- Recorded data:
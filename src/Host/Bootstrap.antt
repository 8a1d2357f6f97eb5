-- ===== src/Host/Bootstrap.antt =====
-- `VM.bootstrap`, and how its progress is read off the machine.
pub mod Progress
use cloudify_system_tests.Prelude.{
  ℕ, zero, suc, String, Bool, true, false, not, ◌&&◌, Option, none, some, List, [], ◌∷◌, ◌==◌,
  if◌then◌else◌,
}
use cloudify_system_tests.Text.{concat, join, stripped_is}
use cloudify_system_tests.Act.{
  Act, Done, runtime_error, out_of_fuel, pass, pure, raise, ◌>>=◌, ◌>>◌,
}
use cloudify_system_tests.Act.Retry.{Retrying}
use cloudify_system_tests.Host.{
  InstallConfig, Vm, Command, Machine, Host, plain, effect, run_command, only_manager, set_vm,
  get_vm, set_world,
}
use cloudify_system_tests.Host.Services.{config_path}
use cloudify_system_tests.Host.Manager.{
  set_client, get_rest_client, wait_for_manager, apply_license, apply_override,
}

abbrev pub probe : Command
probe =
    plain
      "if [[ -f /tmp/bootstrap_complete ]]; then  echo done; elif [[ -f /tmp/bootstrap_failed ]]; then   echo failed; else   echo not done; fi"

-- `' && '.join(commands)`, to run behind the caller's back and leave a file that tells the outcome
unfoldable install_commands : Option String → List String
install_commands none =
    "sudo mv /tmp/cloudify.conf /etc/cloudify/config.yaml > /tmp/bs_logs/0_mv 2>&1"
    ∷ "cfy_manager install > /tmp/bs_logs/3_install 2>&1" ∷ "touch /tmp/bootstrap_complete" ∷ []
install_commands (some config_name) =
    concat (
      "sudo mv /tmp/cloudify.conf "
      ∷ config_path (some config_name)
      ∷ " > /tmp/bs_logs/0_mv 2>&1"
      ∷ [])
    ∷ concat (
        "cfy_manager install -c "
        ∷ config_path (some config_name)
        ∷ " > /tmp/bs_logs/3_install 2>&1"
        ∷ [])
    ∷ "touch /tmp/bootstrap_complete"
    ∷ []

unfoldable pub install_script : Option String → String
unfolding install_commands join
install_script config_name =
    concat (
      "( " ∷ join " && " (install_commands config_name) ∷ ") || touch /tmp/bootstrap_failed &" ∷ [])

module _ {W : Type 0} (m : Machine W) (r : Retrying (Host W)) where
  -- one attempt of `wait_for_ssh`
  unfoldable pub ssh_attempt : Act (Host W) Done
  ssh_attempt = do
    vm ← get_vm
    if vm.enable_ssh_wait then (run_command m (plain "true") >> pass) else pass

  unfoldable pub wait_for_ssh : Act (Host W) Done
  wait_for_ssh = r.retry Done 100 3000 ssh_attempt

  -- the REST part of `finalize_preparation`
  unfoldable pub prepare_client : Act (Host W) Done
  prepare_client = do
    client ← get_rest_client m none none none "http" true
    set_client client
    wait_for_manager m r
    apply_license m

  unfoldable pub finalize_preparation : Act (Host W) Done
  finalize_preparation = do
    wait_for_ssh
    vm ← get_vm
    if not vm.windows then effect (λ v. m.put v "/etc/profile.d/umask.sh" "umask 027\n") else pass
    if vm.restservice_expected then prepare_client else pass

  -- what follows the probe, by what it printed
  unfoldable pub report_failure : Act (Host W) Bool
  report_failure = do
    run_command m (plain "cat /tmp/bs_logs/* || echo \"No bs logs\"")
    run_command m (
        plain
          "cat /var/log/cloudify/manager/cfy_manager.log || echo \"No /var/log/cloudify/manager/cfy_manager.log\"")
    raise runtime_error

  unfoldable pub act_on : String → Act (Host W) Bool
  act_on printed = if stripped_is printed "done" then (finalize_preparation >> pure true) else (do
    run_command m (plain "date > /tmp/cfy_mgr_last_check_time")
    if stripped_is printed "failed" then report_failure else (do
      run_command m (plain "tail -n5 /tmp/bs_logs/* || echo Waiting for logs")
      pure false))

  unfoldable pub bootstrap_is_complete : Act (Host W) Bool
  bootstrap_is_complete = only_manager do printed ← run_command m probe; act_on printed

  -- `while True`, on fuel
  unfoldable pub await_bootstrap : ℕ → Act (Host W) Done
  await_bootstrap zero = out_of_fuel
  await_bootstrap (suc fuel) = do
    complete ← bootstrap_is_complete
    let again = set_world (m.pause 5000000) >> await_bootstrap fuel
    if complete then pass else again

  -- `_create_config_file`: the license path is written even if it is empty
  unfoldable pub create_config_file : Bool → Act (Host W) String
  create_config_file upload_license = only_manager do
    let license_path = if upload_license then "/tmp/test_valid_paying_license.yaml" else ""
    set_vm (λ v. record v {
      install_config = record (v.install_config) { license_path = some license_path };
    })
    vm ← get_vm
    pure (m.dump vm.install_config)

  abbrev clear_sanity : Vm → Vm
  clear_sanity v = record v { install_config = record (v.install_config) { skip_sanity = false } }

  -- `premium` is the test configuration's entry, `license` the contents of the license file.
  unfoldable pub bootstrap :
      ℕ → Bool → String → Bool → Bool → Bool → Option String → Bool → Act (Host W) Done
  bootstrap fuel premium license upload_license blocking restservice_expected config_name
        include_sanity =
      only_manager do
        if include_sanity then set_vm clear_sanity else pass
        wait_for_ssh
        vm ← get_vm
        if vm.image_type == "master" then apply_override m "cloudify_manager_install" else pass
        set_vm (λ v. record v { restservice_expected = restservice_expected })
        install_config ← create_config_file (upload_license && premium)
        run_command m (plain "rm -f /tmp/bootstrap_complete")
        run_command m (plain "mkdir -p /tmp/bs_logs")
        effect (λ v. m.put v "/tmp/cloudify.conf" install_config)
        if upload_license
            then effect (λ v. m.put v "/tmp/test_valid_paying_license.yaml" license)
            else pass
        effect (λ v. m.put v "/tmp/bootstrap_script" (install_script config_name))
        run_command m (plain "nohup bash /tmp/bootstrap_script &>/dev/null &")
        if blocking then await_bootstrap fuel else pass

- Prompt:
Looking at each line of the records, count the ones where the word "touch" appears, and report only the count.

- Answer to this task:
3